After a few seconds, a new image came up. A different man, an anxious-looking man, appeared on the screen. He was in an otherwise empty room and was looking right at the camera.

"Professor Hunter gave me the last piece of the puzzle," the man said, his voice the same one that had come from off-screen in the earlier footage. "After ten years, I finally have all the answers. I know what happened on Sky Hill that day."

He leaned toward the camera. "Lanchester was telling the truth. He and the other four came to that specific town because, at the time, it was the closest one, to the mountain and to 'our mighty ruler.' God alone knows exactly what it is–how much do we really know about this planet?–but Lanchester and the others knew it was there; somehow, it had communicated to them from far away, and they all obeyed.

"Sky Hill's never been popular, but people have gone up it over the years–since Lanchester and since us–and nothing's ever happened. Now, I know why. Lanchester knew it wanted worship...tribute...but it never ended up getting that tribute. Lanchester and the rest were taken into custody before that could happen."

He paused a moment. "It was the ring," he said. "That's why this all happened. It wasn't some ordinary ring. It wasn't even just a nice ring. It was the type of ring you can only get by going into long-term debt. I could tell that the moment Alan pulled it out. At the time, I was worried Emily would even get mugged for it someday. It had to have been the most expensive piece of jewelry ever brought onto Sky Hill, into its domain.

"We made it angry. I'm convinced it could sense the ring the moment we arrived. I'm convinced it was up there with us at the summit, invisible but still there, watching us. It probably expected Alan to leave the ring there as a gift, and when he didn't...it decided there was only one way to respond to such an insult. I don't know why it didn't just kill us right then and there. Maybe it wanted to toy with us, make us sweat, let us know well ahead of time what was coming."

He paused again, as if needing to collect his thoughts before continuing. "I think it's waiting for me, hoping I'll come back, hoping we all will. Originally, it might have been satisfied with just Alan. He was fifteen feet up when his anchor gave. That was still high enough to kill him, but because he'd gotten that far down and because Emily and Daisy had the rest of us get into position once we were on the ground, we were able to catch him as a group." Upon recalling the experience, he rubbed his shoulder and arm, the memory of the physical pain–of the agony–apparently still very vivid. "Because of us," he went on, "not only did it not get its long-overdue gift, it didn't even get revenge.

"Once we caught Alan, we didn't bother retrieving our ropes or picking up our gear, we just got out of there. We tried telling our story to the nearest authorities, but they thought we were playing a prank, especially after they went up to investigate; when they got there, the trail went up to the summit, just like it always had.

"Sometimes, I wonder if that thing will ever come looking for us...but, no, it has to be confined to Sky Hill somehow.
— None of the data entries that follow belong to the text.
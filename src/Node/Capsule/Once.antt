-- ===== src/Node/Capsule/Once.antt =====
-- node/src/codex-capsule-store.ts: what a turn's starts, interrupts and end come to over any calls.
use mathlib.Core.Path.{subst}
use agent_relay.Prelude.{
  ℕ, String, Bool, true, false, ◌&&◌, ◌+◌, ◌≤◌, ◌≡◌, refl, Option, none, some, ◌==◌, string_eq,
  arith, inl, inr, if◌then◌else◌, ok, >>=-eq-ok, Result-cases, beq→eq, Bool-cases,
}
use agent_relay.Node.Capsule.Types.{Intent, TurnInput, TurnRef, Turn}
use agent_relay.Node.Capsule.State.{
  Host, State, lookup, insert, put, host_session, key_of_input, key_of_ref, is_valid_phase,
  is_valid_state, require_turn_by_input, require_turn_by_ref,
}
use agent_relay.Node.Capsule.Transitions.{
  TurnStartClaim, InterruptClaim, new_turn, claim_start, claim_turn_start, claim_stop,
  claim_interrupt,
}
use agent_relay.Node.Capsule.Calls.{Call, Reply}
use agent_relay.Node.Capsule.Store.{reply_with, transition}
use agent_relay.Node.Capsule.Continues.{Continues, starts_left, interrupts_left}
use agent_relay.Node.Capsule.Changes.{
  Change, session_changed, turn_prepared, turn_continued, transition-Change,
  require_turn_by_input-lookup, require_turn_by_ref-lookup,
}
use agent_relay.Node.Capsule.Turns.{lookup-insert, lookup-insert_other, are_valid_turns-lookup}
use agent_relay.Node.Capsule.Validity.{is_valid_state-IsValid}

-- The intent that a reply gives its caller to send to the provider.
abbrev pub start_sent : Reply → Option Intent
start_sent (Reply.turn_claim (TurnStartClaim.send intent)) = some intent
start_sent reply = none

-- The provider's turn that a reply lets its caller interrupt.
abbrev pub interrupt_sent : Reply → Option String
interrupt_sent (Reply.interrupt_claim (InterruptClaim.send thread id)) = some id
interrupt_sent reply = none

abbrev pub is_some {ℓ} : {A : Type ℓ} → Option A → Bool
is_some none = false
is_some (some a) = true

-- Whether a call with its reply lets the start of the key's turn be sent to the provider.
abbrev pub sends_start : String → Call → Option Reply → Bool
sends_start key (Call.claim_turn_start input) (some reply) =
    is_some (start_sent reply) && (key_of_input input == key)
sends_start key call reply = false

-- Whether a call with its reply lets an interrupt of the key's turn be sent.
abbrev pub sends_interrupt : String → Call → Option Reply → Bool
sends_interrupt key (Call.claim_interrupt ref) (some reply) =
    is_some (interrupt_sent reply) && (key_of_ref ref == key)
sends_interrupt key call reply = false

-- What is left of an allowance of one per turn.
abbrev pub left_by : (Turn → ℕ) → Option Turn → ℕ
left_by of_turn none = 1
left_by of_turn (some t) = of_turn t

-- What a call does to the turn of one key.
pub data KeyChange : Option Turn → Option Turn → Type 0 where
  unchanged : (o : Option Turn) → KeyChange o o
  made : (t : Turn) → KeyChange none (some t)
  continued : (t u : Turn) → Continues t u → KeyChange (some t) (some u)

stored_at :
    (s : State) (k key : String) (u : Turn)
    → KeyChange (lookup k s.turns) (some u)
    → KeyChange (lookup key s.turns) (lookup key (insert k u s.turns))
stored_at s k key u change = elim (Bool-cases (k == key)) [
  | inl here ↦
      subst (λ x. KeyChange (lookup x s.turns) (lookup x (insert k u s.turns))) (beq→eq k key here)
        (rw (lookup-insert k u s.turns) change)
  | inr other ↦ rw (lookup-insert_other k key u s.turns other) (unchanged (lookup key s.turns))
]

pub Change-KeyChange :
    (host : Host) (s t : State) (key : String)
    → Change host s t
    → KeyChange (lookup key s.turns) (lookup key t.turns)
Change-KeyChange host s _ key (session_changed t turns ref session ready) =
    rw turns (unchanged (lookup key s.turns))
Change-KeyChange host s _ key
      (turn_prepared input intent timestamp uuid built fresh ready same idle) =
    stored_at s (key_of_input input) key (new_turn host input intent timestamp uuid)
      (rw fresh (made (new_turn host input intent timestamp uuid)))
Change-KeyChange host s _ key (turn_continued k t u stored c) =
    stored_at s k key u (rw stored (continued t u c))

-- A call's effect on the turns left to start, and on the interrupts left.
KeyChange-starts :
    {o p : Option Turn} → KeyChange o p → left_by starts_left p ≤ left_by starts_left o
KeyChange-starts (unchanged o) = ground arith
KeyChange-starts (made t) = ground arith
KeyChange-starts (continued t u c) = c.starts

KeyChange-interrupts :
    {o p : Option Turn}
    → ((t : Turn) → o ≡ some t → is_valid_phase t ≡ true)
    → KeyChange o p
    → left_by interrupts_left p ≤ left_by interrupts_left o
KeyChange-interrupts v (unchanged o) = ground arith
KeyChange-interrupts v (made t) = ground arith
KeyChange-interrupts v (continued t u c) = c.interrupts (v t refl)

claim_start-sends :
    (t : Turn) (intent : Intent)
    → (claim_start t).1 ≡ TurnStartClaim.send intent
    → (starts_left t ≡ 1) × (starts_left (claim_start t).0 ≡ 0)
unfolding claim_start
claim_start-sends t intent h = ground arith

claim_stop-sends :
    (session : Option String) (t : Turn) (claim : InterruptClaim) (id : String) {u : Turn}
    → claim_stop session t ≡ ok (u, claim)
    → interrupt_sent (Reply.interrupt_claim claim) ≡ some id
    → (interrupts_left t ≡ 1) × (interrupts_left u ≡ 0)
unfolding claim_stop
claim_stop-sends session t claim id h sent = ground arith

-- A claimed start uses up the one that was left.
claim_turn_start-sends :
    (host : Host) (s : State) (input : TurnInput) (intent : Intent) (t : State)
    → claim_turn_start host s input ≡ ok (t, TurnStartClaim.send intent)
    → (left_by starts_left (lookup (key_of_input input) s.turns) ≡ 1)
      × (left_by starts_left (lookup (key_of_input input) t.turns) ≡ 0)
unfolding claim_turn_start
claim_turn_start-sends host s input intent t h =
    let (x, found, q) = >>=-eq-ok (require_turn_by_input host s input) _ h in
    let sent : (claim_start x).1 ≡ TurnStartClaim.send intent = ground arith in
    let next : put s (key_of_input input) (claim_start x).0 ≡ t = ground arith in
    let both : (starts_left x ≡ 1) × (starts_left (claim_start x).0 ≡ 0) =
      claim_start-sends x intent sent in
    (
      rw (require_turn_by_input-lookup host s input found) both.0,
      subst (λ y. left_by starts_left (lookup (key_of_input input) y.turns) ≡ 0) next
          (rw (lookup-insert (key_of_input input) (claim_start x).0 s.turns) both.1),
    )

claim_interrupt-sends :
    (s : State) (ref : TurnRef) (claim : InterruptClaim) (id : String) (t : State)
    → claim_interrupt s ref ≡ ok (t, claim)
    → interrupt_sent (Reply.interrupt_claim claim) ≡ some id
    → (left_by interrupts_left (lookup (key_of_ref ref) s.turns) ≡ 1)
      × (left_by interrupts_left (lookup (key_of_ref ref) t.turns) ≡ 0)
unfolding claim_interrupt
claim_interrupt-sends s ref claim id t h sent =
    let (x, found, h1) = >>=-eq-ok (require_turn_by_ref s ref) _ h in
    let (c, claimed, q) = >>=-eq-ok (claim_stop s.session.codex_thread_id x) _ h1 in
    let next : put s (key_of_ref ref) c.0 ≡ t = ground arith in
    let stopped : claim_stop s.session.codex_thread_id x ≡ ok (c.0, claim) = ground arith in
    let both : (interrupts_left x ≡ 1) × (interrupts_left c.0 ≡ 0) =
      claim_stop-sends s.session.codex_thread_id x claim id stopped sent in
    (
      rw (require_turn_by_ref-lookup s ref found).0 both.0,
      subst (λ y. left_by interrupts_left (lookup (key_of_ref ref) y.turns) ≡ 0) next
          (rw (lookup-insert (key_of_ref ref) c.0 s.turns) both.1),
    )

abbrev pub one_if : Bool → ℕ
one_if b = if b then 1 else 0

transition-starts_left :
    (host : Host) (s : State) (call : Call) (key : String) (r : State × Reply)
    → transition host s call ≡ ok r
    → left_by starts_left (lookup key r.0.turns) ≤ left_by starts_left (lookup key s.turns)
transition-starts_left host s call key r h =
    KeyChange-starts (Change-KeyChange host s r.0 key (transition-Change host s call r h))

transition-start_sent :
    (host : Host) (s : State) (input : TurnInput) (r : State × Reply) (intent : Intent)
    → transition host s (Call.claim_turn_start input) ≡ ok r
    → start_sent r.1 ≡ some intent
    → (left_by starts_left (lookup (key_of_input input) s.turns) ≡ 1)
      × (left_by starts_left (lookup (key_of_input input) r.0.turns) ≡ 0)
unfolding transition reply_with
transition-start_sent host s input r intent h sent =
    claim_turn_start-sends host s input intent r.0 (ground arith)

transition-interrupt_sent :
    (host : Host) (s : State) (ref : TurnRef) (r : State × Reply) (id : String)
    → transition host s (Call.claim_interrupt ref) ≡ ok r
    → interrupt_sent r.1 ≡ some id
    → (left_by interrupts_left (lookup (key_of_ref ref) s.turns) ≡ 1)
      × (left_by interrupts_left (lookup (key_of_ref ref) r.0.turns) ≡ 0)
unfolding transition reply_with
transition-interrupt_sent host s ref r id h sent = elim (Result-cases (claim_interrupt s ref)) [
  | inl (e, fails) ↦ ground arith
  | inr (p, found) ↦ ground (arith, claim_interrupt-sends s ref p.1 id p.0)
]

transition-interrupts_left :
    (host : Host) (s : State) (call : Call) (key : String) (r : State × Reply)
    → is_valid_state host s ≡ true
    → transition host s call ≡ ok r
    → left_by interrupts_left (lookup key r.0.turns) ≤ left_by interrupts_left (lookup key s.turns)
transition-interrupts_left host s call key r v h =
    KeyChange-interrupts
      (λ t stored.
        (are_valid_turns-lookup host (host_session s) key t s.turns
          (is_valid_state-IsValid host s v).turns stored).4)
      (Change-KeyChange host s r.0 key (transition-Change host s call r h))

quiet : {m n : ℕ} → m ≤ n → 0 + m ≤ n
quiet h = omega arith

-- A send for one key, and what is left for another.
spend {ℓ} :
    {A : Type ℓ} (sent : Option A) (k key : String) (before after : String → ℕ)
    → after key ≤ before key
    → ((a : A) → sent ≡ some a → (before k ≡ 1) × (after k ≡ 0))
    → one_if (is_some sent && (k == key)) + after key ≤ before key
spend none k key before after fewer used = ground arith
spend (some a) k key before after fewer used = elim (Bool-cases (k == key)) [
  | inl here ↦ rw here (
      subst (λ x. 1 + after x ≤ before x) (beq→eq k key here)
        (omega (arith, (used a refl).0, (used a refl).1)))
  | inr other ↦ rw other (ground arith)
]

-- A call uses up what it sends.
pub transition-starts :
    (host : Host) (s : State) (call : Call) (key : String) (r : State × Reply)
    → transition host s call ≡ ok r
    → one_if (sends_start key call (some r.1)) + left_by starts_left (lookup key r.0.turns)
      ≤ left_by starts_left (lookup key s.turns)
transition-starts host s Call.claim_session_start key r h =
    quiet (transition-starts_left host s Call.claim_session_start key r h)
transition-starts host s (Call.accept_session id) key r h =
    quiet (transition-starts_left host s (Call.accept_session id) key r h)
transition-starts host s Call.reset_unbound_session key r h =
    quiet (transition-starts_left host s Call.reset_unbound_session key r h)
transition-starts host s (Call.prepare_turn input timestamp uuid) key r h =
    quiet (transition-starts_left host s (Call.prepare_turn input timestamp uuid) key r h)
transition-starts host s (Call.claim_turn_start input) key r h =
    spend (start_sent r.1) (key_of_input input) key (λ k. left_by starts_left (lookup k s.turns))
      (λ k. left_by starts_left (lookup k r.0.turns))
      (transition-starts_left host s (Call.claim_turn_start input) key r h)
      (λ intent sent. transition-start_sent host s input r intent h sent)
transition-starts host s (Call.accept_turn input id) key r h =
    quiet (transition-starts_left host s (Call.accept_turn input id) key r h)
transition-starts host s (Call.request_cancellation ref) key r h =
    quiet (transition-starts_left host s (Call.request_cancellation ref) key r h)
transition-starts host s (Call.claim_interrupt ref) key r h =
    quiet (transition-starts_left host s (Call.claim_interrupt ref) key r h)
transition-starts host s (Call.record_uncertain_interrupt ref input) key r h =
    quiet (transition-starts_left host s (Call.record_uncertain_interrupt ref input) key r h)
transition-starts host s (Call.record_unmatched_start ref input) key r h =
    quiet (transition-starts_left host s (Call.record_unmatched_start ref input) key r h)
transition-starts host s (Call.record_terminal ref used outcome) key r h =
    quiet (transition-starts_left host s (Call.record_terminal ref used outcome) key r h)

pub transition-interrupts :
    (host : Host) (s : State) (call : Call) (key : String) (r : State × Reply)
    → is_valid_state host s ≡ true
    → transition host s call ≡ ok r
    → one_if (sends_interrupt key call (some r.1)) + left_by interrupts_left (lookup key r.0.turns)
      ≤ left_by interrupts_left (lookup key s.turns)
transition-interrupts host s Call.claim_session_start key r v h =
    quiet (transition-interrupts_left host s Call.claim_session_start key r v h)
transition-interrupts host s (Call.accept_session id) key r v h =
    quiet (transition-interrupts_left host s (Call.accept_session id) key r v h)
transition-interrupts host s Call.reset_unbound_session key r v h =
    quiet (transition-interrupts_left host s Call.reset_unbound_session key r v h)
transition-interrupts host s (Call.prepare_turn input timestamp uuid) key r v h =
    quiet (transition-interrupts_left host s (Call.prepare_turn input timestamp uuid) key r v h)
transition-interrupts host s (Call.claim_turn_start input) key r v h =
    quiet (transition-interrupts_left host s (Call.claim_turn_start input) key r v h)
transition-interrupts host s (Call.accept_turn input id) key r v h =
    quiet (transition-interrupts_left host s (Call.accept_turn input id) key r v h)
transition-interrupts host s (Call.request_cancellation ref) key r v h =
    quiet (transition-interrupts_left host s (Call.request_cancellation ref) key r v h)
transition-interrupts host s (Call.claim_interrupt ref) key r v h =
    spend (interrupt_sent r.1) (key_of_ref ref) key
      (λ k. left_by interrupts_left (lookup k s.turns))
      (λ k. left_by interrupts_left (lookup k r.0.turns))
      (transition-interrupts_left host s (Call.claim_interrupt ref) key r v h)
      (λ id sent. transition-interrupt_sent host s ref r id h sent)
transition-interrupts host s (Call.record_uncertain_interrupt ref input) key r v h =
    quiet (transition-interrupts_left host s (Call.record_uncertain_interrupt ref input) key r v h)
transition-interrupts host s (Call.record_unmatched_start ref input) key r v h =
    quiet (transition-interrupts_left host s (Call.record_unmatched_start ref input) key r v h)
transition-interrupts host s (Call.record_terminal ref used outcome) key r v h =
    quiet (transition-interrupts_left host s (Call.record_terminal ref used outcome) key r v h)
Otherwise, something would have happened by now. That's really why I'm recording all this. There's no way anyone who wasn't there will believe any of it. I'm just doing this so I'll always have something on hand to remind myself that as long as we stay away from Sky Hill, all six of us will be safe." He smiled at the camera, and the screen went black.

An older Kenneth turned off the TV. He then got off the couch and retreated into his bedroom, where he lay in the dark, waiting for what seemed like an eternity to drift into unconsciousness. He gave a long sigh. That video really was the only thing keeping him sane.

It'd been five years since he'd recorded that last footage, fifteen years since Sky Hill, and he still needed reassurance. Even though nothing had happened in all this time, he still regularly found himself up at night, especially on all-too-quiet nights like this, afraid–afraid for his very life; afraid of Sky Hill; afraid of the monster, the demon, the killer that dwelt at its summit, waiting and ready to strike.